━━━ Provided material ━━━

-- ===== src/Operator.antt =====
-- The protocols between the gateway and the operators: smsprotocol.h, sms18dxprotocol.h with
-- 18dx.h, and sms5168protocol.h.
pub mod Words
pub mod Dx18
pub mod Simulator
pub mod Api5168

━━━

All lines from the one holding "pub mod Words" through the end of the entries need to be given again exactly. Leave out the others.

pub mod Words
pub mod Dx18
pub mod Simulator
pub mod Api5168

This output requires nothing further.